Algorithm to factorize matrix whose many rows are already of upper triangular form?

Question

I have a matrix whose many rows are already in the upper triangular form.

$$\begin{bmatrix} x_{11} & x_{12} & x_{13} & x_{14} & x_{5} \\ 0 & x_{22} & x_{23} & x_{24} & x_{25} \\ 0 & 0 & x_{23} & x_{34} & x_{35} \\ 0 & 0 & 0 & 0 & x_{45} \\ x_{51} & x_{52} & x_{53} & x_{54} & x_{55} \\ x_{61} & x_{62} & x_{63} & x_{64} & x_{65} \end{bmatrix}$$

Let me take an example to show that the function scipy.linalg.lu from package Scipy does not take advantage of this special structure. Here B is a copy of A with the elements below the main diagonal zeroed.

import numpy as np
import scipy.linalg as la
import time
A = np.random.randint(100, size=(10000, 10000))
B = np.triu(A, 0)

start = time.time()
(P, L, U) = la.lu(A)
end = time.time()
print('Time to decompose A =', end - start)

start = time.time()
(P1, L1, U1) = la.lu(B)
end = time.time()
print('Time to decompose B =', end - start)

The result is

Time to decompose A = 5.622066497802734
Time to decompose B = 5.322663068771362

Because my square matrix is of very large dimension and this procedure is repeated thousands of times. I would like to ask for a method (or references) to make use of this special structure to reduce the computational complexity.

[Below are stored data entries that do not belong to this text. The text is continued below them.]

-- ===== src/Tests/Web.antt =====
-- Rate limits of two clients, and a status row that is ready.
use xcs.Common.{
  ◌+◌, ◌≤◌, ◌≡◌, ◌↔◌, refl, Text, codes, true, false, List, [], ◌∷◌, map, none, some, ok, err, All,
  length, max, arith, inl, inr, text_eq,
}
use xcs.Indexer.Status.{IndexerStatusRow, ready, row_checks, is_ledger_hash, is_writer_id}
use xcs.Indexer.Fencing.{expires_after}
use xcs.Indexer.Fencing.Rows.{RowChecks, row_checks-RowChecks}
use xcs.Web.IndexerStatus.{assert_indexer_ready, indexer_lease_expired}
use xcs.Web.IndexerStatus.Ready.{assert_indexer_ready_iff}
use xcs.Web.RateLimit.{RouteRateLimit, shared, Window, Limiter, get_window, hit, create_limiter}
use xcs.Web.RateLimit.Bounds.{Hit, run_hits, length-run_hits, hit-keys}
use xcs.Web.RateLimit.Budget.{InWindow, allowed_hits, allowed_hits-Bounded}
use xcs.Tests.Fencing.{main}
use xcs.Tests.Ledgers.{low_hash}

abbrev budget : RouteRateLimit
budget = record { max = 2; time_window_ms = 60000; scope = shared }

abbrev alice : Text
alice = codes "default|198.51.100.1"

abbrev bob : Text
bob = codes "default|198.51.100.2"

abbrev one_counted : Window
one_counted = record { count = 1; window_start = 5 }

abbrev limiter : Limiter
limiter = record {
  windows = (alice, one_counted) ∷ (bob, record { count = 2; window_start = 1 }) ∷ [];
  last_prune = 0;
}

abbrev hits : List Hit
hits =
    record { key = alice; limit = budget; at = 10 }
    ∷ record { key = bob; limit = budget; at = 20 }
    ∷ record { key = alice; limit = budget; at = 30 }
    ∷ []

has_window : get_window alice limiter.windows ≡ some one_counted
unfolding get_window text_eq
has_window = refl

another_client : text_eq bob alice ≡ false
unfolding text_eq
another_client = refl

within : All (InWindow alice 2 5 60000) hits
within = (
  (omega arith, inr (refl, refl, omega arith)),
  ((omega arith, inl another_client), ((omega arith, inr (refl, refl, omega arith)), tt)),
)

one_is_denied : allowed_hits 5000 alice hits limiter ≡ 1
unfolding allowed_hits text_eq
one_is_denied = refl

-- the first window is dropped for the third, whether it was hit last or not
the_first_is_dropped :
    map
      (λ (e : Text × Window). e.0)
      (run_hits 2
        (record { key = alice; limit = budget; at = 30 }
          ∷ record { key = codes "c"; limit = budget; at = 40 }
          ∷ [])
        limiter).windows
    ≡ (bob ∷ codes "c" ∷ [])
unfolding run_hits text_eq
the_first_is_dropped = refl

length-run_hits_example : length (run_hits 2 hits (create_limiter 0)).windows ≤ 2
length-run_hits_example = length-run_hits 2 0 hits (omega arith)

hit-keys_example :
    map (λ (e : Text × Window). e.0) (hit 5000 alice budget 10 limiter).1.windows
    ≡ map (λ (e : Text × Window). e.0) limiter.windows
hit-keys_example = hit-keys 5000 alice budget 10 limiter one_counted has_window (omega arith)

allowed_hits-Bounded_example : allowed_hits 5000 alice hits limiter + 1 ≤ max 2 1
allowed_hits-Bounded_example =
    allowed_hits-Bounded 5000 alice 2 60000 hits limiter one_counted has_window within (omega arith)

abbrev ready_row : IndexerStatusRow
ready_row = record {
  profile_id = main;
  status = record {
    state = ready;
    primary_source_tip = some 12;
    secondary_source_tip = some 10;
    last_agreed_ledger_index = some 10;
    last_agreed_ledger_hash = some low_hash;
    error_code = none;
  };
  writer_id = some (codes "writer-1");
  writer_epoch = 1;
  lease_expires_at = some 61000;
  updated_at = 1000;
}

ready_row_passes : row_checks ready_row ≡ true
unfolding row_checks is_ledger_hash is_writer_id
ready_row_passes = refl

ready_row-RowChecks : RowChecks ready_row
ready_row-RowChecks = row_checks-RowChecks ready_row ready_row_passes

after_the_lease : assert_indexer_ready (some ready_row) 61000 ≡ err indexer_lease_expired
unfolding assert_indexer_ready
after_the_lease = refl

assert_indexer_ready_iff_example :
    (assert_indexer_ready (some ready_row) 5000 ≡ ok tt)
    ↔ ((ready ≡ ready) × (expires_after (some 61000) 5000 ≡ true))
assert_indexer_ready_iff_example = assert_indexer_ready_iff ready_row 5000 ready_row-RowChecks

Thank you so much for your help!

Answer 1

I believe you can accomplish what you want efficiently using the recursive LU algorithm. In brief, recursive LU on a $M \times N$ matrix $A$ proceeds by partitioning the matrix into 4 blocks: \begin{align} \pmatrix{A_{11} & A_{12} \\ A_{21} & A_{22}} &= \pmatrix{L_{11} & 0 \\ L_{21} & L_{22}} \pmatrix{U_{11} & U_{12} \\ 0 & U_{22}} \\ &= \pmatrix{L_{11} U_{11} & L_{11} U_{12} \\ L_{21} U_{11} & L_{21} U_{12} + L_{22} U_{22}} \end{align} Then, the following 4 subproblems must be solved:

(1) $A_{11} = L_{11} U_{11}$ (recursive LU call)

(2) $A_{12} = L_{11} U_{12} \rightarrow U_{12} = L_{11}^{-1} A_{12}$ (TRSM - Level 3 BLAS)

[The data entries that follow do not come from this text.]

-- ===== src/Selection/Tokens/Few.antt =====
-- The choice under a token budget takes no more packs than it has candidates.
use apex_ray.Base.{
  ℕ, suc, ◌+◌, ◌≤◌, ◌<◌, ◌≡◌, inl, inr, Bool, false, Option, none, some, List, [], ◌∷◌, ◌++◌, arith,
  eqb, ltb, length, length-append, filter, All, Bool-cases,
}
use apex_ray.Base.Sort.{sorted, length-sorted}
use apex_ray.Base.Distinct.{Distinct, Distinct-filter, filter-All}
use apex_ray.Models.{ChangedFile, ContextPack}
use apex_ray.Selection.{IndexedPack, priority_ge, kinds_by_path}
use apex_ray.Selection.Cap.{has_index}
use apex_ray.Selection.Cap.Fill.{same_index, pigeonhole}
use apex_ray.Selection.Tokens.{enumerate_from, take_fitting, select_indexes_with_token_budget}

later :
    (i j : ℕ) (packs : List ContextPack)
    → i < j
    → All (λ x. eqb i x.0 ≡ false) (enumerate_from j packs)
unfolding enumerate_from
later i j [] h = tt
later i j (p ∷ packs) h = (ground arith, later i (suc j) packs (omega (arith, h)))

pub enumerate_from-Distinct :
    (i : ℕ) (packs : List ContextPack) → Distinct same_index (enumerate_from i packs)
unfolding enumerate_from
enumerate_from-Distinct i [] = tt
enumerate_from-Distinct i (p ∷ packs) =
    (later i (suc i) packs (omega arith), enumerate_from-Distinct (suc i) packs)

module _ (tokens : ContextPack → ℕ) (files : List ChangedFile) where
  length-take_fitting :
      (budget : ℕ) (s : List IndexedPack) (used : ℕ) (xs : List IndexedPack)
      → length (take_fitting tokens budget s used xs).0 ≤ length s + length xs
  unfolding take_fitting
  length-take_fitting budget s used [] = omega arith
  length-take_fitting budget s used (x ∷ xs) = elim (Bool-cases (ltb budget (used + tokens x.1))) [
    | inl over ↦ rw (take_fitting, over) (omega (arith, length-take_fitting budget s used xs))
    | inr fits ↦
        rw (take_fitting, fits)
          (omega (
            arith,
            length-take_fitting budget (s ++ x ∷ []) (used + tokens x.1) xs,
            length-append s (x ∷ []),
          ))
  ]

  -- No more packs than candidates.
  pub length-select_indexes_with_token_budget :
      (candidates : List IndexedPack) (packs : List ContextPack) (budget : Option ℕ)
      → length (select_indexes_with_token_budget tokens candidates packs files budget).0
        ≤ length candidates
  unfolding select_indexes_with_token_budget
  length-select_indexes_with_token_budget [] packs budget = omega arith
  length-select_indexes_with_token_budget (c ∷ cs) packs none = omega arith
  length-select_indexes_with_token_budget (c ∷ cs) packs (some budget) =
      let in_candidates : IndexedPack → Bool = λ x. has_index x.0 (c ∷ cs) in
      let items = enumerate_from 0 packs in
      let candidates = filter in_candidates items in
      let ge = priority_ge (kinds_by_path [] files) in
      let few =
        pigeonhole candidates (c ∷ cs)
          (Distinct-filter same_index in_candidates items (enumerate_from-Distinct 0 packs))
          (filter-All in_candidates items) in
      elim (Bool-cases (eqb budget 0)) [
        | inl e ↦ rw e (omega arith)
        | inr e ↦ rw e (
            omega (
              arith,
              few,
              length-take_fitting budget [] 0 (sorted ge candidates),
              length-sorted ge candidates,
            ))
      ]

(3) $A_{21} = L_{21} U_{11} \rightarrow L_{21} = A_{21} U_{11}^{-1}$ (TRSM - Level 3 BLAS)

(4) $A_{22} = L_{21} U_{12} + L_{22} U_{22} \rightarrow A_{22} - L_{21} U_{12} = L_{22} U_{22}$ (GEMM followed by recursive LU call)

Now normally for recursive LU, you pick the partition so that $A_{11}$ has $N/2$ columns. However, for your specialized matrix, you should pick $A_{11}$ to be a square upper triangular matrix. So basically just pick $A_{11}$ so that you cut off the trapezoidal part of the matrix, and then pick $A_{12}$ to be that extra rectangle completing the trapezoid. If you do this, then you immediately know that $L_{11} = I$ and $U_{11} = A_{11}$ and $U_{12} = A_{12}$. Then all that remains to do is steps 3 and 4:

(3) $L_{21} = A_{21} U_{11}^{-1}$ (TRSM)

(4) $A_{22} - L_{21} U_{12} = L_{22} U_{22}$ (GEMM and then use any standard LU routine, e.g. LAPACK or scipy or whatever)

If you want to also implement pivoting, then it is possible to modify the above steps to allow pivoting.